Rosemont attended meetings; foes didn't
The Coronado National Forest committed a "clear violation of law with extremely damaging implications" by allowing Rosemont Copper officials to attend 13 closed meetings with government agencies to discuss the proposed Rosemont Mine - while excluding other outside interest groups, said a letter from mine opponents.
It appears that Rosemont representatives attended numerous meetings in which key decisions would be made on what mining alternatives would be analyzed, what measures might be required to compensate for the mine's environmental impacts and other important issues, the letter stated.
Opponents Farmers Investment Co., Save the Scenic Santa Ritas and the Center for Biological Diversity sent the letter to the service on Monday.
"Yet while Rosemont Copper was represented, none of our organizations, which have submitted comments adverse to Rosemont, were invited to participate in these meetings," the letter said. "The meetings were neither publicly noticed nor open to the public."
Coronado Forest and Rosemont Copper officials had no immediate reply to the letter, although a Forest Service spokeswoman did make a brief statement acknowledging that Rosemont had been invited as a guest to some meetings.
The letter asked the Forest Service to halt work on the environmental statement and start over, in full compliance with federal law, by inviting all interests affected by the proposed mine, including government, agriculture, tourism, business, communities, ranching, major water providers and others.
It called the service's Draft Environmental Impact Statement "irreversibly tainted" and said the environmental groups and FICO may take legal action if the service doesn't take steps to comply with federal law in this matter.
The opponents' letter was written as the service is entering what appears to be the final leg of a highly complex process stretching more than three years to prepare the draft statement on the proposed mine.
Until last week, service officials had said they planned to release the environmental report by the end of 2010.
But last week, the service announced that it is still not ready to release the statement and didn't know when it would be released, other than that it would be in 2011.
Rosemont has proposed to mine 220 million pounds of copper annually from the Santa Rita Mountains southeast of Tucson, and to store waste rock and mine tailings on federal land in that area.
The letter alleges the service violated the Federal Advisory Committee Act, a 1972 law aimed at laying out ground rules for management of advisory committees to federal agencies.

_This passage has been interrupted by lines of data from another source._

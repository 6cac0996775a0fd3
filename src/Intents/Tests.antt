-- ===== src/Intents/Tests.antt =====
-- Runs on two intents of one approved draft, and an instance of each result.
use cora_os.Prelude.{ℕ, ◌≡◌, refl, true, false, none, some, List, [], ◌∷◌, arith, map}
use cora_os.Prelude.Exec.{ok, err}
use cora_os.Prelude.Text.{codes, is_space, is_blank, lstrip, strip, lower_char, lower}
use cora_os.Review.{Status, kept_notes}
use cora_os.Intents.{
  IntentStatus, confirmed, cancelled, pending_provider, conflict, communication_draft, email,
  readiness, not_configured, Intent, IntentDb,
}
use cora_os.Intents.Preview.{validate_payload, connector_validation, critical_blockers, no_payload}
use cora_os.Intents.Build.{
  draft_spec, find_source, resolve_provider_name, built, build_intent, creation_blockers,
  resolve_provider_readiness, queue_built, create_readiness_intent,
}
use cora_os.Intents.Change.{
  change, revalidated_row, revalidate_intent, confirm_integration_intent, cancel_integration_intent,
  source_is_approved, confirm_readiness_intent, revoke_readiness_intent, dry_run_intent,
}
use cora_os.Intents.Calls.{
  Call, builds, queues, validates, dry_runs, confirms, cancels, confirms_queued, revokes, run_call,
  run_calls,
}
use cora_os.Intents.Lifecycle.{Advances}
use cora_os.Intents.Sound.{AreGood, IsSound, run_calls-AreGood}
use cora_os.Intents.Single.{IsSingle, run_calls-IsSingle}
use cora_os.Intents.Refines.{board, run_calls_refines}
use cora_os.Intents.Gates.{confirm_readiness_intent-revalidate_intent}

abbrev intent : ℕ → IntentStatus → Intent
intent k s = record {
  id = k;
  workspace_id = none;
  created_by = 3;
  source_type = communication_draft;
  source_id = 1;
  agent_name = "SIGNAL";
  provider_type = email;
  provider_name = codes "pending_provider";
  action_type = codes "send_email";
  status = s;
  dry_run = true;
  requires_confirmation = true;
  payload_preview = record no_payload { subject = codes "Hi"; body = codes "There" };
  validation_result = readiness (codes "no provider connector configured" ∷ []);
  queued = true;
  provider_status = some not_configured;
  confirmed_by = some 3;
  confirmed_at = none;
  cancelled_by = none;
  cancelled_at = none;
  updated_at = 0;
}

abbrev db : IntentStatus → IntentDb
db s = record {
  pool = true;
  intents = intent 5 cancelled ∷ intent 7 s ∷ [];
  events = [];
  drafts =
      record {
        id = 1;
        workspace_id = none;
        created_by = 3;
        subject = some (codes "Hi");
        body = some (codes "There");
        status = Status.approved;
      }
      ∷ [];
  proposals = [];
  providers =
      record {
        provider_name = codes "internal_preview_email";
        provider_type = email;
        enabled = false;
      }
      ∷ [];
  oauth = [];
  fresh = 8;
}

abbrev calls : List Call
calls =
    queues draft_spec 1 3 false none 10
    ∷ cancels 7 3 false true none 11
    ∷ queues draft_spec 1 3 false none 12
    ∷ builds draft_spec 1 3 false none (codes "send_email") none 13
    ∷ confirms 9 1 true none 14
    ∷ revokes 9 3 false true none 15
    ∷ validates 8 3 16
    ∷ confirms_queued 8 3 false true none 17
    ∷ dry_runs 8 3 18
    ∷ []

runs : Unit {0}
unfolding is_space is_blank lstrip strip lower_char lower kept_notes validate_payload
    connector_validation critical_blockers find_source resolve_provider_name built build_intent
    creation_blockers resolve_provider_readiness queue_built create_readiness_intent change
    revalidated_row revalidate_intent confirm_integration_intent cancel_integration_intent
    source_is_approved confirm_readiness_intent revoke_readiness_intent dry_run_intent run_call
    run_calls
runs = tt

-- the first call finds a duplicate, and the dry run no provider
statuses :
    map {B = ℕ × IntentStatus}
      (λ (i : Intent). (i.id, i.status))
      (run_calls calls (db pending_provider)).intents
    ≡ (5, cancelled) ∷ (7, cancelled) ∷ (8, confirmed) ∷ (9, IntentStatus.confirmation_revoked) ∷ []
unfolding runs
statuses = refl

IsSound-db : IsSound (db pending_provider)
IsSound-db = record {
  keyed = (refl, (refl, tt));
  below = (omega arith, (omega arith, tt));
  good = (
    record { dry = refl; pending = refl; named = λ c. refl },
    (record { dry = refl; pending = refl; named = λ c. refl }, tt),
  );
}

IsSingle-db : IsSingle (db pending_provider)
IsSingle-db = record { at = λ t k action. ground arith }

run_calls-AreGood_example : AreGood (run_calls calls (db pending_provider)).intents
run_calls-AreGood_example = run_calls-AreGood calls (db pending_provider) IsSound-db

run_calls-IsSingle_example : IsSingle (run_calls calls (db pending_provider))
run_calls-IsSingle_example = run_calls-IsSingle calls (db pending_provider) IsSound-db IsSingle-db

run_calls_refines_example :
    Advances (board (db pending_provider)) (board (run_calls calls (db pending_provider)))
run_calls_refines_example = run_calls_refines calls (db pending_provider) IsSound-db

confirm_readiness_intent-revalidate_intent_example :
    let confirm = confirm_readiness_intent 7 3 false true none 20 in
    ((confirm (db pending_provider)).0 ≡ err conflict)
    × (j : Intent) × ((confirm (revalidate_intent 7 3 20 (db pending_provider)).1).0 ≡ ok j)
    × (j.status ≡ confirmed)
unfolding runs
confirm_readiness_intent-revalidate_intent_example =
    confirm_readiness_intent-revalidate_intent 7 3 false true none 20 (db pending_provider)
      (intent 7 pending_provider) refl refl refl refl refl refl refl refl refl refl
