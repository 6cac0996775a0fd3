-- ===== src/Interlock.antt =====
-- apps/cora-api/app/final_interlock.py: the last check before an execution. As in Approval, `hash`
-- is the digest of a payload preview, `enabled` is EXTERNAL_EXECUTION_ENABLED and `ev` is what the
-- connector tables and the adapter answer.
pub mod Verdict
mod Tests
use cora_os.Prelude.{
  ℕ, String, Bool, true, false, not, ◌&&◌, Option, none, some, List, [], ◌∷◌, ◌++◌, ◌==◌, any, all,
  is_some, if◌then◌else◌,
}
use cora_os.Prelude.Exec.{
  Exec, Outcome, ok, err, or_raise, raise_if, gets, modify, pure, ◌>>=◌, ◌>>◌,
}
use cora_os.Prelude.Text.{Text, codes, text_eq}
use cora_os.Governance.{RuntimeTrace}
use cora_os.Flags.{Flag, get_flag, flag_allows_execution}
use cora_os.Approval.{
  ApprovalError, Decision, dec_approved, IntentRow, Approval, IntentEvent, ApprovalDb, Adapter,
  Evidence, visible_intent, latest_decision,
}
use cora_os.Approval.Checklist.{Snapshot, credential_snapshot, source_is_approved}
use cora_os.Approval.Decide.{traced}

-- the result statuses
pub data InterlockStatus : Type 0 where
  blocked_by_final_interlock ready_but_execution_disabled missing_approval provider_not_ready
        payload_mismatch :
      InterlockStatus

-- `checks`
pub record Checks : Type 0 where
  pub source_approved : Bool
  pub intent_approved_for_execution : Bool
  pub approval_audit_exists : Bool
  pub provider_connected : Bool
  pub token_valid_or_refreshable : Bool
  pub required_scopes_present : Bool
  pub provider_supports_action : Bool
  pub payload_hash_matches : Bool
  pub feature_flag_present : Bool
  pub dry_run_cleared_for_execution : Bool
  pub external_execution_enabled : Bool
  pub feature_flag_allows_execution : Bool

-- `_action_supported`
abbrev serves : Text → Text → Adapter → Bool
serves provider_type action a =
    text_eq a.provider_type provider_type && any (text_eq action) a.supported_actions

abbrev pub is_action_supported : Option Adapter → Text → Option Text → Bool
is_action_supported (some a) provider_type (some action) = serves provider_type action a
is_action_supported _ _ _ = false

abbrev is_approval : Decision → Bool
is_approval dec_approved = true
is_approval _ = false

-- SELECT … WHERE intent_id = $1 AND decision = $2 ORDER BY created_at DESC LIMIT 1
abbrev last_approval : ℕ → Option Approval → List Approval → Option Approval
last_approval k last [] = last
last_approval k last (a ∷ rest) =
    last_approval k (if a.intent_id == k && is_approval a.decision then some a else last) rest

unfoldable pub approval_row : ℕ → List Approval → Option Approval
approval_row k rows = last_approval k none rows

abbrev pub is_approved_decision : Option Decision → Bool
is_approved_decision (some dec_approved) = true
is_approved_decision _ = false

abbrev pub same_hash : ℕ → Option Approval → Bool
same_hash h none = false
same_hash h (some a) = a.payload_hash == h

module _ (hash : Option String → ℕ) (enabled : Bool) (ev : Evidence) where
  -- the dictionary `checks`
  unfoldable pub checks_of : ℕ → IntentRow → ApprovalDb → Checks
  checks_of k i db =
      let v = credential_snapshot enabled ev i in
      let row = approval_row k db.approvals in
      let approved = is_some row && is_approved_decision (latest_decision k db.approvals) in
      let flag = get_flag ev.provider_name i.action_type db.flags in
      record {
        source_approved = source_is_approved i db;
        intent_approved_for_execution = approved;
        approval_audit_exists = is_some row;
        provider_connected = v.provider_connected;
        token_valid_or_refreshable = v.token_valid_or_refreshable;
        required_scopes_present = v.required_scopes_present;
        provider_supports_action = is_action_supported ev.adapter i.provider_type i.action_type;
        payload_hash_matches = approved && same_hash (hash v.preview) row;
        feature_flag_present = is_some flag;
        dry_run_cleared_for_execution = not v.dry_run_only;
        external_execution_enabled = enabled;
        feature_flag_allows_execution = flag_allows_execution flag;
      }

-- `internal_ready`
abbrev pub internal_ready : Checks → Bool
internal_ready c =
    c.source_approved && c.intent_approved_for_execution && c.approval_audit_exists
    && c.provider_connected && c.token_valid_or_refreshable && c.required_scopes_present
    && c.provider_supports_action && c.payload_hash_matches

-- `future_gates_open`
abbrev pub future_gates_open : Checks → Bool
future_gates_open c =
    c.dry_run_cleared_for_execution && c.external_execution_enabled
    && c.feature_flag_allows_execution

-- `result_status`
unfoldable pub status_of : Checks → InterlockStatus
status_of c =
    if not (c.approval_audit_exists && c.intent_approved_for_execution)
    then missing_approval
    else if not (
        c.source_approved && c.provider_connected && c.token_valid_or_refreshable
        && c.required_scopes_present && c.provider_supports_action)
    then provider_not_ready
    else if not c.payload_hash_matches
    then payload_mismatch
    else if internal_ready c && not (future_gates_open c)
    then ready_but_execution_disabled
    else blocked_by_final_interlock

-- the parts of `result` that decide
pub record InterlockResult : Type 0 where
  pub status : InterlockStatus
  pub real_execution_allowed : Bool
  pub checks : Checks

abbrev trace_of : IntentRow → ℕ → String → String → Option String → RuntimeTrace
trace_of i user trace_type status error = record {
  session_id = none;
  user_id = some user;
  workspace_id = i.workspace_id;
  trace_type = trace_type;
  status = status;
  selected_agent = i.agent_name;
  tool_name = codes "final_interlock";
  error_message = error;
}

abbrev outcome_trace : IntentRow → ℕ → InterlockStatus → RuntimeTrace
outcome_trace i user ready_but_execution_disabled =
    trace_of i user "final_interlock_ready_but_disabled" "blocked"
      (some "External execution disabled by global safety guard")
outcome_trace i user _ =
    trace_of i user "final_interlock_blocked" "blocked" (some "final interlock blocked")

abbrev with_event : IntentRow → ℕ → ApprovalDb → ApprovalDb
with_event i user db = record db {
  events =
      db.events
      ++ record {
        intent_id = i.id;
        user_id = user;
        event_type = "final_interlock_checked";
        from_status = i.status;
        to_status = i.status;
      }
        ∷ [];
}

module _ (hash : Option String → ℕ) (enabled : Bool) (ev : Evidence) where
  -- `run_final_safety_check`
  unfoldable pub run_final_safety_check :
      ℕ → ℕ → Bool → Exec ApprovalError ApprovalDb InterlockResult
  run_final_safety_check k user is_admin = do
    intent ← visible_intent k user is_admin
    checks ← gets (checks_of hash enabled ev k intent)
    modify (traced (trace_of intent user "final_interlock_checked" "ok" none))
    modify (traced (outcome_trace intent user (status_of checks)))
    modify (with_event intent user)
    pure record {
      status = status_of checks;
      real_execution_allowed = internal_ready checks && future_gates_open checks;
      checks = checks;
    }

In their letter, Rosemont's opponents wrote that in passing this law, Congress was trying to respond to concerns that committee meetings often didn't adequately represent the public interest because of a bias in the committee's membership. It was also concerned the meetings were too often closed to the public, the letter said.
Under the law, all federal advisory committee meetings shall be public, and any interested party is allowed to attend or file statements with such committees.
The law requires that committee memberships be "fairly balanced in terms of the points of view represented and the functions to be performed," said the General Services Administration website.
The law applies when a federal agency forms a committee to obtain "consensus advice or recommendations" on issues or policies, said the Coronado National Forest's Rosemont Mine website.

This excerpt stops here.